Bill Shorten now (officially) runs Labor: what sort of leader he’ll be, and what it means for party reform. Can George Brandis overturn gay marriage in the ACT? The Tea Party holding our economy at ransom. Leslie Cannold on what stops women from leading. Why we’ll miss BRW magazine. And silence from News Corp on free speech.
And the winner is …
Bill Shorten was elected as Labor’s nightwatchman yesterday. He’ll lead the party to the next election thanks to the reforms that make it so hard to depose him (that is, for others to do what he did to two leaders). An election he will almost certainly lose.

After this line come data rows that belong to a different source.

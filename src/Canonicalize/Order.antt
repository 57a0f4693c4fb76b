-- ===== src/Canonicalize/Order.antt =====
-- Marshal gives one text for one value, in whatever order the maps in it are walked
-- (internal/canonicalize/canonicalize.go).
use atb.Prelude.{◌≡◌, ◌≢◌, refl, ap, ◌∙◌, String, Bool, ◌&&◌, arith, [], ◌∷◌, ◌++◌}
use mathlib.Core.Path.{ap₂}
use atb.Json.{Value, arr, obj, Items, no_item, item, Fields, end, field}
use atb.Canonicalize.{
  Platform, write_value, write_items, write_rest, write_fields, join_members, is_encodable,
  are_items_encodable, are_fields_encodable, marshal,
}
use atb.Canonicalize.Sort.{sort}
use atb.Canonicalize.Sort.Laws.{sort-swap, sort-cons}

-- Two values that differ in the order of the entries of the maps in them, at any depth.
mutual
  pub data Same : Value → Value → Type 0 where
    same : (v : Value) → Same v v
    arrs : {xs ys : Items} → SameItems xs ys → Same (arr xs) (arr ys)
    objs : {fs gs : Fields} → SameFields fs gs → Same (obj fs) (obj gs)

  pub data SameItems : Items → Items → Type 0 where
    no_items : SameItems no_item no_item
    items :
        {v w : Value} {xs ys : Items}
        → Same v w
        → SameItems xs ys
        → SameItems (item v xs) (item w ys)

  pub data SameFields : Fields → Fields → Type 0 where
    no_fields : SameFields end end
    fields :
        (k : String) {v w : Value} {fs gs : Fields}
        → Same v w
        → SameFields fs gs
        → SameFields (field k v fs) (field k w gs)
    swap :
        (j k : String) (v w : Value) (fs : Fields)
        → j ≢ k
        → SameFields (field j v (field k w fs)) (field k w (field j v fs))
    trans : {fs gs hs : Fields} → SameFields fs gs → SameFields gs hs → SameFields fs hs

and_exchange : (a b c : Bool) → (a && (b && c)) ≡ (b && (a && c))
and_exchange a b c = ground arith

mutual
  unfolding write_value

  write_value-Same : (pf : Platform) {v w : Value} → Same v w → write_value pf v ≡ write_value pf w
  write_value-Same pf (same v) = refl
  write_value-Same pf (arrs s) = ap (λ t. 91 ∷ t ++ 93 ∷ []) (write_items-Same pf s)
  write_value-Same pf (objs s) = ap (λ t. 123 ∷ join_members t ++ 125 ∷ []) (sort-Same pf s)

  write_items-Same :
      (pf : Platform) {xs ys : Items} → SameItems xs ys → write_items pf xs ≡ write_items pf ys
  write_items-Same pf no_items = refl
  write_items-Same pf (items s r) =
      ap₂ (λ a b. a ++ b) (write_value-Same pf s) (write_rest-Same pf r)

  write_rest-Same :
      (pf : Platform) {xs ys : Items} → SameItems xs ys → write_rest pf xs ≡ write_rest pf ys
  write_rest-Same pf no_items = refl
  write_rest-Same pf (items s r) =
      ap₂ (λ a b. 44 ∷ a ++ b) (write_value-Same pf s) (write_rest-Same pf r)

  sort-Same :
      (pf : Platform) {fs gs : Fields}
      → SameFields fs gs
      → sort (write_fields pf fs) ≡ sort (write_fields pf gs)
  sort-Same pf no_fields = refl
  sort-Same pf (fields k {v} {w} {fs} {gs} s r) =
      sort-cons (k, write_value pf v) (k, write_value pf w) (write_fields pf fs)
        (write_fields pf gs) (ap (λ t. (k, t)) (write_value-Same pf s)) (sort-Same pf r)
  sort-Same pf (swap j k v w fs h) =
      sort-swap (j, write_value pf v) (k, write_value pf w) (write_fields pf fs) h
  sort-Same pf (trans r s) = sort-Same pf r ∙ sort-Same pf s

mutual
  unfolding is_encodable

  is_encodable-Same : {v w : Value} → Same v w → is_encodable v ≡ is_encodable w
  is_encodable-Same (same v) = refl
  is_encodable-Same (arrs s) = items_encodable-Same s
  is_encodable-Same (objs s) = fields_encodable-Same s

  items_encodable-Same :
      {xs ys : Items} → SameItems xs ys → are_items_encodable xs ≡ are_items_encodable ys
  items_encodable-Same no_items = refl
  items_encodable-Same (items s r) =
      ap₂ (λ a b. a && b) (is_encodable-Same s) (items_encodable-Same r)

  fields_encodable-Same :
      {fs gs : Fields} → SameFields fs gs → are_fields_encodable fs ≡ are_fields_encodable gs
  fields_encodable-Same no_fields = refl
  fields_encodable-Same (fields k s r) =
      ap₂ (λ a b. a && b) (is_encodable-Same s) (fields_encodable-Same r)
  fields_encodable-Same (swap j k v w fs h) =
      and_exchange (is_encodable v) (is_encodable w) (are_fields_encodable fs)
  fields_encodable-Same (trans r s) = fields_encodable-Same r ∙ fields_encodable-Same s

-- Two values that differ only in the order in which the maps in them are walked, at any depth, are
-- refused alike, or have the same canonical text.
pub marshal-Same : (pf : Platform) (v w : Value) → Same v w → marshal pf v ≡ marshal pf w
unfolding marshal
marshal-Same pf v w s = cc (write_value-Same pf s, is_encodable-Same s)
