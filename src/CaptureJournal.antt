-- ===== src/CaptureJournal.antt =====
-- internal/capturejournal/journal.go: the entries of the journal of observations, their hashes, and what
-- is on disk beside the journal.
pub mod Space
pub mod Read
pub mod Append
use atb.Prelude.{ℕ, ◌*◌, String, List, Option, none, some, str_eq, if◌then◌else◌}
use atb.Prelude.Int.{ℤ, pos}
use atb.Json.{Value, Fields, int, str, obj, end, field}
use atb.Canonicalize.{Platform}
use atb.Event.{Event, omit_empty}
use atb.HashChain.{compute}

-- JournalFormatVersion
abbrev pub journal_format_version : ℤ
journal_format_version = pos 1

-- maxLineBytes
abbrev pub max_line_bytes : ℕ
max_line_bytes = 16 * 1024 * 1024

-- Entry. The payload is the JSON value that its bytes stand for, `none` for bytes that are no JSON.
pub record Entry : Type 0 where
  pub format_version : ℤ
  pub position : ℤ
  pub prev_hash : String
  pub observation_id : String
  pub source_system : String
  pub source_incarnation : String
  pub representation_version : String
  pub representation_digest : String
  pub observation_type : String
  pub payload : Option Value
  pub source_timestamp : String
  pub observed_at : String
  pub adapter : String
  pub adapter_version : String
  pub hash : String

-- hashable, as the JSON object that encoding/json makes of it.
hashable : Entry → Value → Value
unfolding omit_empty
hashable e payload = obj (
    field "position" (int e.position) (
      field "observation_id" (str e.observation_id) (
        field "source_system" (str e.source_system) (
          omit_empty "source_incarnation" e.source_incarnation (
            field "representation_version" (str e.representation_version) (
              field "representation_digest" (str e.representation_digest) (
                field "observation_type" (str e.observation_type) (
                  field "payload" payload (
                    omit_empty "source_timestamp" e.source_timestamp (
                      field "observed_at" (str e.observed_at) (
                        field "adapter" (str e.adapter)
                          (field "adapter_version" (str e.adapter_version) end))))))))))))

-- The event that stands for the entry in the hash chain.
entry_event : Entry → Value → Event
unfolding hashable
entry_event e payload = record {
  sequence = e.position;
  prev_hash = e.prev_hash;
  type_id = "atb.capture.journal.entry";
  hash_algo = "";
  payload = hashable e payload;
  actor_id = none;
  org_id = none;
  workspace_id = none;
  timestamp = "";
  trace_id = "";
  span_id = "";
  parent_span_id = "";
  acquisition = none;
}

-- computeHash
unfoldable pub compute_hash : Platform → Entry → Option String
unfolding entry_event
compute_hash pf e = elim e.payload [
  | none ↦ none
  | some payload ↦ compute pf (entry_event e payload)
]

-- The errors of the package, with what their messages report, and the other errors of Append.
pub data JournalError : Type 0 where
  not_an_entry : ℕ → JournalError
  unsupported_version : ℤ → JournalError
  wrong_position : ℕ → ℤ → ℕ → JournalError
  wrong_prev_hash : ℕ → JournalError
  wrong_hash : ℕ → JournalError
  no_hash : JournalError
  line_overflow : JournalError
  too_large : ℕ → JournalError
  closed : JournalError
  failed_before : JournalError
  no_observation_id : JournalError
  write_error : JournalError
  sync_error : JournalError

-- encoding/json on entries.
pub record EntryCodec : Type 0 where
  pub encode : Entry → List ℕ
  pub decode : List ℕ → Option Entry

-- The files at the journal's path: the journal, the repair marker (with the number of discarded bytes),
-- and the marker of lost observations (with its reason, without the numbers that its text quotes).
pub record Disk : Type 0 where
  pub file : Option (List ℕ)
  pub repair_marker : Option ℕ
  pub degraded_marker : Option String
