-- ===== src/CaptureJournal/Read.antt =====
-- readEntries, lastCompleteOffset, Open and Read (internal/capturejournal/journal.go).
pub mod Bytes
pub mod Fragment
pub mod Laws
use atb.Prelude.{
  ℕ, zero, suc, ◌+◌, ◌-◌, String, Bool, true, false, not, ◌&&◌, ◌||◌, List, [], ◌∷◌, ◌++◌, Option,
  none, some, length, ltb, ◌==◌, str_eq, if◌then◌else◌,
}
use atb.Prelude.Int.{ℤ, pos, eqb_ℤ}
use atb.Prelude.Result.{Result, ok, err, ◌>>=◌, ◌>>◌, fail_if}
use atb.Canonicalize.{Platform}
use atb.HashChain.{genesis_hash}
use atb.Bundle.Load.Lines.{raw_lines}
use atb.Bundle.Load.Prefix.{last_byte}
use atb.CaptureJournal.{
  Entry, JournalError, not_an_entry, unsupported_version, wrong_position, wrong_prev_hash,
  wrong_hash, no_hash, line_overflow, EntryCodec, Disk, compute_hash, journal_format_version,
  max_line_bytes,
}
use atb.CaptureJournal.Space.{trim_space}

-- The bytes up to the last line feed.
unfoldable pub complete : List ℕ → List ℕ
complete [] = []
complete (b ∷ r) = elim (complete r) [ [] ↦ if b == 10 then b ∷ [] else [] | c ∷ s ↦ b ∷ c ∷ s ]

-- Whether the last byte is a line feed.
abbrev pub is_terminated : List ℕ → Bool
is_terminated bytes = last_byte 0 bytes == 10

-- lastCompleteOffset
abbrev pub last_complete_offset : List ℕ → ℕ
last_complete_offset bytes = if is_terminated bytes then length bytes else length (complete bytes)

check_hash : ℕ → Entry → Option String → Result JournalError Entry
check_hash i e none = err no_hash
check_hash i e (some h) = if str_eq h e.hash then ok e else err (wrong_hash i)

-- The checks on the entry of line `i`, behind `n` entries of which the last has the hash `prev`.
check_entry : Platform → ℕ → ℕ → String → Entry → Result JournalError Entry
unfolding check_hash
check_entry pf i n prev e = do
  fail_if (not (eqb_ℤ e.format_version journal_format_version))
      (unsupported_version e.format_version)
  fail_if (not (eqb_ℤ e.position (pos (n + 1)))) (wrong_position i e.position (n + 1))
  fail_if (not (str_eq e.prev_hash prev)) (wrong_prev_hash i)
  check_hash i e (compute_hash pf e)

found_in : Platform → ℕ → ℕ → String → Option Entry → Result JournalError (Option Entry)
unfolding check_entry
found_in pf i n prev none = err (not_an_entry i)
found_in pf i n prev (some e) = check_entry pf i n prev e >>= λ e'. ok (some e')

entry_in : Platform → EntryCodec → ℕ → ℕ → String → List ℕ → Result JournalError (Option Entry)
unfolding found_in
entry_in pf c i n prev [] = ok none
entry_in pf c i n prev (b ∷ line) = found_in pf i n prev (c.decode (b ∷ line))

-- One round of the loop. The scanner delivers lines of up to maxLineBytes with their line feed; that it
-- drops a carriage return before it makes no difference to TrimSpace.
unfoldable pub read_line :
    Platform → EntryCodec → ℕ → ℕ → String → List ℕ → Result JournalError (Option Entry)
unfolding entry_in
read_line pf c i n prev raw = do
  fail_if (ltb max_line_bytes (length raw)) line_overflow
  entry_in pf c i n prev (trim_space raw)

abbrev pub count_of : Option Entry → ℕ → ℕ
count_of none n = n
count_of (some e) n = suc n

abbrev pub hash_of : Option Entry → String → String
hash_of none prev = prev
hash_of (some e) prev = e.hash

-- The hash of the last entry, or `prev`.
abbrev pub last_hash : String → List Entry → String
last_hash prev [] = prev
last_hash prev (e ∷ es) = last_hash e.hash es

abbrev pub cons? : Option Entry → List Entry → List Entry
cons? none es = es
cons? (some e) es = e ∷ es

unfoldable pub read_lines :
    Platform → EntryCodec → ℕ → ℕ → String → List (List ℕ) → Result JournalError (List Entry)
read_lines pf c i n prev [] = ok []
read_lines pf c i n prev (raw ∷ raws) = do
  found ← read_line pf c i n prev raw
  rest ← read_lines pf c (suc i) (count_of found n) (hash_of found prev) raws
  ok (cons? found rest)

-- readEntries on the contents of a file that is there.
unfoldable pub read_data : Platform → EntryCodec → List ℕ → Result JournalError (List Entry × Bool)
read_data pf c [] = ok ([], false)
read_data pf c (b ∷ bytes) =
    let torn = not (is_terminated (b ∷ bytes)) in
    read_lines pf c 1 0 genesis_hash (raw_lines (if torn then complete (b ∷ bytes) else b ∷ bytes))
    >>= λ es. ok (es, torn)

-- readEntries
unfoldable pub read_entries :
    Platform → EntryCodec → Option (List ℕ) → Result JournalError (List Entry × Bool)
read_entries pf c none = ok ([], false)
read_entries pf c (some bytes) = read_data pf c bytes

-- Journal, without its path and stream; `is_open` says that it has a file.
pub record Journal : Type 0 where
  pub is_open : Bool
  pub entries : List Entry
  pub repaired : Bool
  pub failed : Bool

abbrev pub is_some {ℓ} : {A : Type ℓ} → Option A → Bool
is_some none = false
is_some (some a) = true

-- What Open does to the files once the entries are read.
abbrev pub repaired_disk : Disk → Bool → Disk
repaired_disk d torn = elim d.file [
  | none ↦ record d { file = some []; repair_marker = none }
  | some bytes ↦
      if torn
      then record d {
        file = some (complete bytes);
        repair_marker = some (length bytes - last_complete_offset bytes);
      }
      else d
]

-- Open, if no call of the operating system fails.
unfoldable pub open_journal : Platform → EntryCodec → Disk → Result JournalError (Journal × Disk)
unfolding read_entries
open_journal pf c d = do
  (es, torn) ← read_entries pf c d.file
  ok (
    record {
      is_open = true;
      entries = es;
      repaired = is_some (repaired_disk d torn).repair_marker;
      failed = false;
    },
    repaired_disk d torn,
  )

-- Read
unfoldable pub read : Platform → EntryCodec → Disk → Result JournalError (List Entry × Bool)
unfolding read_entries
read pf c d = do
  (es, torn) ← read_entries pf c d.file
  ok (es, torn || (is_some d.file && is_some d.repair_marker))
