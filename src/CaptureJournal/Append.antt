-- ===== src/CaptureJournal/Append.antt =====
-- Append, Close, EntriesFrom and MarkDegraded (internal/capturejournal/journal.go). The file system's
-- part in an append is a value: both calls succeed, the write stops after some bytes, or the sync fails.
pub mod Laws
pub mod Durable
pub mod Recover
use atb.Prelude.{
  ℕ, zero, suc, ◌+◌, String, Bool, true, false, not, List, [], ◌∷◌, ◌++◌, Option, none, some,
  length, ltb, codes, str_eq, if◌then◌else◌,
}
use atb.Prelude.Int.{ℤ, pos, negsuc, eqb_ℤ, ltb_ℤ}
use atb.Prelude.Result.{Result, ok, err, ◌>>=◌, ◌>>◌, fail_if}
use atb.Canonicalize.{Platform}
use atb.HashChain.{genesis_hash}
use atb.CaptureJournal.{
  Entry, JournalError, unsupported_version, no_hash, too_large, closed, failed_before,
  no_observation_id, write_error, sync_error, EntryCodec, Disk, compute_hash,
  journal_format_version, max_line_bytes,
}
use atb.CaptureJournal.Space.{is_blank}
use atb.CaptureJournal.Read.{Journal, last_hash}

-- What becomes of the write and the sync.
pub data Io : Type 0 where
  done : Io
  cut_after : ℕ → Io
  not_synced : Io

abbrev pub take : ℕ → List ℕ → List ℕ
take zero bs = []
take (suc n) [] = []
take (suc n) (b ∷ bs) = b ∷ take n bs

abbrev pub next_int : ℤ → ℤ
next_int (pos n) = pos (n + 1)
next_int (negsuc zero) = pos 0
next_int (negsuc (suc n)) = negsuc n

-- LastPosition
abbrev pub last_position : List Entry → ℤ
last_position [] = pos 0
last_position (e ∷ []) = e.position
last_position (e ∷ f ∷ es) = last_position (f ∷ es)

-- The version that an entry without one gets.
abbrev pub with_version : Entry → Entry
with_version e = record e {
  format_version =
      if eqb_ℤ e.format_version (pos 0) then journal_format_version else e.format_version;
}

-- The entry with its place in the chain.
abbrev pub placed : List Entry → Entry → Entry
placed es e = record (with_version e) {
  position = next_int (last_position es);
  prev_hash = last_hash genesis_hash es;
}

hashed : Entry → Option String → Result JournalError Entry
hashed e none = err no_hash
hashed e (some h) = ok (record e { hash = h })

-- The guards of Append, and the entry that it will write.
unfoldable pub prepare : Platform → Journal → Entry → Result JournalError Entry
unfolding hashed
prepare pf j e = do
  fail_if (not j.is_open) closed
  fail_if j.failed failed_before
  fail_if (ltb_ℤ journal_format_version (with_version e).format_version)
      (unsupported_version (with_version e).format_version)
  fail_if (is_blank e.observation_id) no_observation_id
  hashed (placed j.entries e) (compute_hash pf (placed j.entries e))

-- The bytes behind those of the file.
abbrev pub extended : Disk → List ℕ → Disk
extended d bytes = record d { file = elim d.file [ none ↦ none | some old ↦ some (old ++ bytes) ] }

abbrev pub degraded : String → Disk → Disk
degraded reason d = record d { degraded_marker = some reason }

-- Append behind the guards: the line is measured, written and synced.
write_entry :
    EntryCodec → Io → Journal → Disk → Entry → Result JournalError Entry × (Journal × Disk)
write_entry c io j d e =
    let line = c.encode e ++ 10 ∷ [] in
    if ltb max_line_bytes (length line)
    then (err (too_large (length line)), (j, degraded "rejected oversized entry" d))
    else elim io [
      | done ↦ (ok e, (record j { entries = j.entries ++ e ∷ [] }, extended d line))
      | cut_after n ↦ (
        err write_error,
        (record j { failed = true }, degraded "journal write failed" (extended d (take n line))),
      )
      | not_synced ↦ (
        err sync_error,
        (record j { failed = true }, degraded "journal fsync failed" (extended d line)),
      )
    ]

-- Append: the entry or the error, and what it leaves in memory and on disk.
unfoldable pub append :
    Platform
    → EntryCodec
    → Io
    → Journal
    → Disk
    → Entry
    → Result JournalError Entry × (Journal × Disk)
unfolding write_entry prepare
append pf c io j d e = elim (prepare pf j e) [
  | err x ↦ (err x, (j, d))
  | ok e' ↦ write_entry c io j d e'
]

-- Close
unfoldable pub close : Journal → Journal
close j = record j { is_open = false }

-- EntriesFrom
unfoldable pub entries_from : ℤ → List Entry → List Entry
entries_from position [] = []
entries_from position (e ∷ es) =
    let rest = entries_from position es in if ltb_ℤ position e.position then e ∷ rest else rest

-- MarkDegraded
unfoldable pub mark_degraded : String → Disk → Disk
mark_degraded reason d = degraded reason d
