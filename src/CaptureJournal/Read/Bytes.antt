-- ===== src/CaptureJournal/Read/Bytes.antt =====
-- A file that ends in a line feed, and what an append that is cut short leaves behind it
-- (internal/capturejournal/journal.go).
use atb.Prelude.{ℕ, ◌≡◌, refl, false, List, [], ◌∷◌, ◌++◌, ◌==◌}
pub use atb.Bundle.Load.Lines.{IsComplete, no_line, some_lines, raw_lines-more, IsComplete-more}
use atb.Bundle.Load.Lines.{HasNoLineFeed}
use atb.Bundle.Load.Prefix.{last_byte}
use atb.CaptureJournal.Read.{complete}

pub complete-fragment : (p : List ℕ) → HasNoLineFeed p → complete p ≡ []
unfolding complete
complete-fragment [] h = refl
complete-fragment (b ∷ p) h = rw (complete-fragment p h.1, h.0) refl

complete-step :
    (b : ℕ) (r : List ℕ) (c : ℕ) (s : List ℕ) → complete r ≡ c ∷ s → complete (b ∷ r) ≡ b ∷ c ∷ s
unfolding complete
complete-step b r c s e = rw e refl

complete-line : (p : List ℕ) → HasNoLineFeed p → complete (10 ∷ p) ≡ 10 ∷ []
unfolding complete
complete-line p h = rw (complete-fragment p h) refl

complete-lines : (a p : List ℕ) → HasNoLineFeed p → complete ((a ++ 10 ∷ []) ++ p) ≡ a ++ 10 ∷ []
complete-lines [] p h = complete-line p h
complete-lines (b ∷ []) p h = complete-step b (10 ∷ p) 10 [] (complete-lines [] p h)
complete-lines (b ∷ c ∷ a) p h =
    complete-step b ((c ∷ a ++ 10 ∷ []) ++ p) c (a ++ 10 ∷ []) (complete-lines (c ∷ a) p h)

-- Cutting at the last line feed takes away the fragment, and nothing else.
pub complete-IsComplete :
    (lines p : List ℕ) → IsComplete lines → HasNoLineFeed p → complete (lines ++ p) ≡ lines
complete-IsComplete _ p no_line h = complete-fragment p h
complete-IsComplete _ p (some_lines a) h = complete-lines a p h

pub last_byte-end : (d : ℕ) (a : List ℕ) → last_byte d (a ++ 10 ∷ []) ≡ 10
last_byte-end d [] = refl
last_byte-end d (b ∷ a) = last_byte-end b a

pub last_byte-fragment :
    (d : ℕ) (a : List ℕ) (b : ℕ) (p : List ℕ)
    → HasNoLineFeed (b ∷ p)
    → (last_byte d (a ++ b ∷ p) == 10) ≡ false
last_byte-fragment d [] b [] h = h.0
last_byte-fragment d [] b (c ∷ p) h = last_byte-fragment b [] c p h.1
last_byte-fragment d (x ∷ a) b p h = last_byte-fragment x a b p h
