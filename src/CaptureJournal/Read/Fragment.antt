-- ===== src/CaptureJournal/Read/Fragment.antt =====
-- Reading a file behind whose last line an append has left a fragment (internal/capturejournal/journal.go).
use atb.Prelude.{
  ℕ, ◌≡◌, refl, ap, ◌∙◌, Bool, true, false, not, List, [], ◌∷◌, ◌++◌, if◌then◌else◌, ◌==◌,
}
use atb.Prelude.Result.{ok, ok_injective}
use atb.Canonicalize.{Platform}
use atb.HashChain.{genesis_hash}
use atb.Bundle.Load.Lines.{HasNoLineFeed, raw_lines}
use atb.CaptureJournal.{Entry, EntryCodec}
use atb.CaptureJournal.Read.{complete, is_terminated, read_data, read_lines}
use atb.CaptureJournal.Read.Bytes.{
  IsComplete, no_line, some_lines, complete-IsComplete, complete-fragment, last_byte-end,
  last_byte-fragment,
}

abbrev pub is_cons : List ℕ → Bool
is_cons [] = false
is_cons (b ∷ p) = true

pub append_nil : (s : List ℕ) → s ++ [] ≡ s
append_nil [] = refl
append_nil (b ∷ s) = ap (λ r. b ∷ r) (append_nil s)

not_empty : (a p : List ℕ) → is_cons ((a ++ 10 ∷ []) ++ p) ≡ true
not_empty [] p = refl
not_empty (b ∷ a) p = refl

module _ (pf : Platform) (c : EntryCodec) (es : List Entry) where
  read_by :
      (bytes kept : List ℕ) (torn : Bool)
      → is_cons bytes ≡ true
      → not (is_terminated bytes) ≡ torn
      → (if torn then complete bytes else bytes) ≡ kept
      → read_lines pf c 1 0 genesis_hash (raw_lines kept) ≡ ok es
      → read_data pf c bytes ≡ ok (es, torn)
  unfolding read_data
  read_by [] kept torn n q k l = cc
  read_by (b ∷ bytes) kept torn n q k l = rw (q, k, l) refl

  -- The entries of a file that ends in a line feed are read whatever fragment stands behind it, and a
  -- fragment is reported.
  pub read_data-fragment :
      (bytes p : List ℕ)
      → IsComplete bytes
      → read_lines pf c 1 0 genesis_hash (raw_lines bytes) ≡ ok es
      → HasNoLineFeed p
      → read_data pf c (bytes ++ p) ≡ ok (es, is_cons p)
  unfolding read_data raw_lines read_lines
  read_data-fragment _ [] no_line l h = ap (λ x. ok (x, false)) (ok_injective l)
  read_data-fragment _ (b ∷ p) no_line l h =
      read_by (b ∷ p) [] true refl (ap not (last_byte-fragment 0 [] b p h))
        (complete-fragment (b ∷ p) h) l
  read_data-fragment _ [] (some_lines a) l h =
      read_by ((a ++ 10 ∷ []) ++ []) (a ++ 10 ∷ []) false (not_empty a [])
        (ap (λ x. not (is_terminated x)) (append_nil (a ++ 10 ∷ []))
          ∙ ap (λ x. not (x == 10)) (last_byte-end 0 a))
        (append_nil (a ++ 10 ∷ [])) l
  read_data-fragment _ (b ∷ p) (some_lines a) l h =
      read_by ((a ++ 10 ∷ []) ++ b ∷ p) (a ++ 10 ∷ []) true (not_empty a (b ∷ p))
        (ap not (last_byte-fragment 0 (a ++ 10 ∷ []) b p h))
        (complete-IsComplete (a ++ 10 ∷ []) (b ∷ p) (some_lines a) h) l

Plibersek will be elected unopposed as deputy leader today, after cleverly backing factional ally Anthony Albanese in the leadership contest while agreeing to serve alongside Shorten if he was elected — shoring up his caucus support. She’s smart and politically savvy. She’s wildly popular among the left-wing faithful, and sensible enough to win over the Right rump. She’s an effective and believable communicator — something Shorten and the previous two Labor leaders all struggled with — with as clean a hand as any after Labor’s bloody internal battles. She’s a woman, at a time when plenty want revenge for the way Julia Gillard was treated.
In three years’ time she’ll be ready to lead. In six, it could be the Lodge.
Albanese might have had a shot in 2016. Now it’s Plibersek best positioned to be the next Labor prime minister of Australia.